If the last partition of asset1 is re-materialized, e.g. manually from the UI, then the corresponding partition of asset2 will be auto-materialized after.

StaticPartitionsDefinitions and DynamicPartitionsDefinitions do not have this limit, so all partitions will be automatically-materialized.

Rules of auto-materialization#

  • Assets will not be auto-materialized if any of their ancestors are currently being auto-materialized.
  • Assets will not be auto-materialized if any of their ancestors have not yet incorporated the newest materialization of their upstream assets.
  • If the run to auto-materialize an asset fails, it can be retried if run retries are configured. Otherwise, Dagster won't try to auto-materialize that asset again until it would auto-materialize it if the failed run had succeeded.

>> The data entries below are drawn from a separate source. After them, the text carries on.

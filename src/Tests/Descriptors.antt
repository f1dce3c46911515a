-- ===== src/Tests/Descriptors.antt =====
-- Descriptors at concrete inputs.
use tablefs.Base.{◌≡◌, refl, none, some, [], ◌∷◌, arith, ℕ, ◌⊎◌, List, true}
use tablefs.Base.Int.{pos}
use tablefs.Base.Maps
use tablefs.Key.{key_eq, key_beq}
use tablefs.Icache
use tablefs.Icache.{InodeCacheHandle, Mode, handle_at}
use tablefs.Adaptor
use tablefs.Tfs.{TableFs, path_delimiter}
use tablefs.Tfs.Path.Walk.{key_of}
use tablefs.Tfs.Content.{FileHandle, open_file, opens_for_writing}
use tablefs.Tfs.Closing.{release_file, close_descriptor, touch}
use tablefs.Wrapper.{FsWrapper, new_slots, open_path, close, seek, read}
use tablefs.Wrapper.Slots.{IsFull, descriptor}
use tablefs.Wrapper.Descriptors.{open_path-Opened, close-open_path, Opened}
use tablefs.Wrapper.Scanning.{scan_loop}
use tablefs.Wrapper.Positions.{IsAt}
use tablefs.Wrapper.Streams.{write_each, read-write_each, scan_loop-ends}
use tablefs.Tests.Handlers.{some_value-IsInline}
use tablefs.Tests.{mounted, some_value, some_content, empty_adaptor, root_lookup}
use tablefs.Tests.Memory.{memory, references}

-- A file system that holds the file /b.
abbrev with_file : TableFs memory
with_file = record mounted {
  inode_cache = record (mounted.inode_cache) {
    metadb_ = record empty_adaptor { db = (key_of 0 (b'b' ∷ []), some_value) ∷ [] };
  };
}

abbrev file_b : List ℕ
file_b = path_delimiter ∷ b'b' ∷ []

abbrev file_opened : TableFs memory
file_opened = record with_file {
  inode_cache = record (with_file.inode_cache) {
    cache = (1, 1) ∷ [];
    handles =
        (
          1,
          record {
            key_ = key_of 0 (b'b' ∷ []);
            value_ = some_value;
            mode_ = Mode.inode_read;
            pointer = 1;
          },
        )
        ∷ [];
    next_handle = 2;
  };
}

abbrev first_file : FileHandle
first_file = record { handle_ = 1; flags_ = 0; fd_ = none }

same_key : key_beq (key_of 0 (b'b' ∷ [])) (key_of 0 (b'b' ∷ [])) ≡ true
same_key = ground (arith, key_eq.beq_iff (key_of 0 (b'b' ∷ [])) (key_of 0 (b'b' ∷ [])))

opens : open_file memory file_b 0 with_file ≡ some (pos 0, some first_file, file_opened)
unfolding open_file opens_for_writing Icache.get Adaptor.get Icache.add_handle Maps.lookup
    Maps.insert handle_at references Icache.clean_all
opens = ground (arith, root_lookup with_file, same_key)

abbrev file_closed : TableFs memory
file_closed = record with_file { inode_cache = record (with_file.inode_cache) { next_handle = 2 } }

closes : release_file memory first_file file_opened ≡ some (pos 0, file_closed)
unfolding release_file Icache.flush Icache.write_back close_descriptor touch Icache.set_handle
    Maps.insert Icache.evict Icache.release Maps.lookup Maps.erase handle_at references
    Icache.clean_all Icache.clean_inode_handle
closes = refl

abbrev wrapped : FsWrapper memory
wrapped = record { fs = with_file; slots = new_slots }

some_free : ¬ IsFull wrapped.slots
unfolding new_slots IsFull
some_free full = absurd (omega (arith, full.0))

open_path-Opened_example :
    (IsFull wrapped.slots × (open_path memory file_b 0 wrapped ≡ none))
    ⊎ Opened file_b 0 wrapped (pos 0) (some first_file) file_opened
open_path-Opened_example =
    open_path-Opened file_b 0 wrapped (pos 0) (some first_file) file_opened opens

close-open_path_example :
    (fd : ℕ) × (v : FsWrapper memory) × (x : FsWrapper memory) × (open_path memory file_b 0 wrapped
      ≡ some (pos fd, v))
    × (close memory fd v ≡ some (pos 0, x))
    × (x.fs ≡ file_closed)
    × ((j : ℕ) → descriptor x.slots j ≡ descriptor wrapped.slots j)
close-open_path_example =
    close-open_path file_b 0 wrapped first_file file_opened file_closed (pos 0) some_free opens
      closes

-- The file /b as the first descriptor.
abbrev reading : FsWrapper memory
reading = record {
  fs = file_opened;
  slots = record { freefd = 1; path = file_b; offset = 0; flags = 0; fh = some first_file } ∷ [];
}

reading-IsAt : IsAt 0 (104 ∷ 105 ∷ []) some_content 0 reading
unfolding handle_at Maps.lookup
reading-IsAt = record {
  slot = record { freefd = 1; path = file_b; offset = 0; flags = 0; fh = some first_file };
  slot_here = refl;
  position = refl;
  fh = first_file;
  opened = refl;
  handle = record {
    key_ = key_of 0 (b'b' ∷ []);
    value_ = some_value;
    mode_ = Mode.inode_read;
    pointer = 1;
  };
  handle_here = refl;
  inline = some_value-IsInline;
}

read-write_each_example :
    (v : FsWrapper memory) × (u : FsWrapper memory) × (x : FsWrapper memory) × (write_each 0
        ((7 ∷ 8 ∷ []) ∷ (9 ∷ []) ∷ [])
        reading
      ≡ some (pos 2 ∷ pos 1 ∷ [], v))
    × (seek memory 0 0 v ≡ some (pos 0, u))
    × (read memory 0 3 u ≡ some (pos 3, 7 ∷ 8 ∷ 9 ∷ [], x))
read-write_each_example =
    read-write_each 0 (7 ∷ 8 ∷ []) ((9 ∷ []) ∷ []) reading reading-IsAt (omega arith)

scan_loop-ends_example :
    (v : FsWrapper memory) × (scan_loop memory (pos 0) 2 0 3 reading ≡ some v)
    × IsAt 0 (104 ∷ 105 ∷ []) some_content 3 v
scan_loop-ends_example = scan_loop-ends 0 2 reading reading-IsAt (omega arith) (omega arith)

I.e., if an asset has a daily freshness policy, and it fails, Dagster won't auto-materialize it again until the next day.
  • By default, no more than one materialization of a given asset will be kicked off per minute. Further materialization requests will be discarded, and will require manual backfilling to complete. This can be configured using the max_materializations_per_minute argument to AutoMaterializePolicy.eager and AutoMaterializePolicy.lazy.

Run tags#

Runs triggered by auto-materialize policies are tagged with dagster/auto_materialize: true. Additional tags can be configured in dagster.yaml (OSS) or deployment settings (Cloud).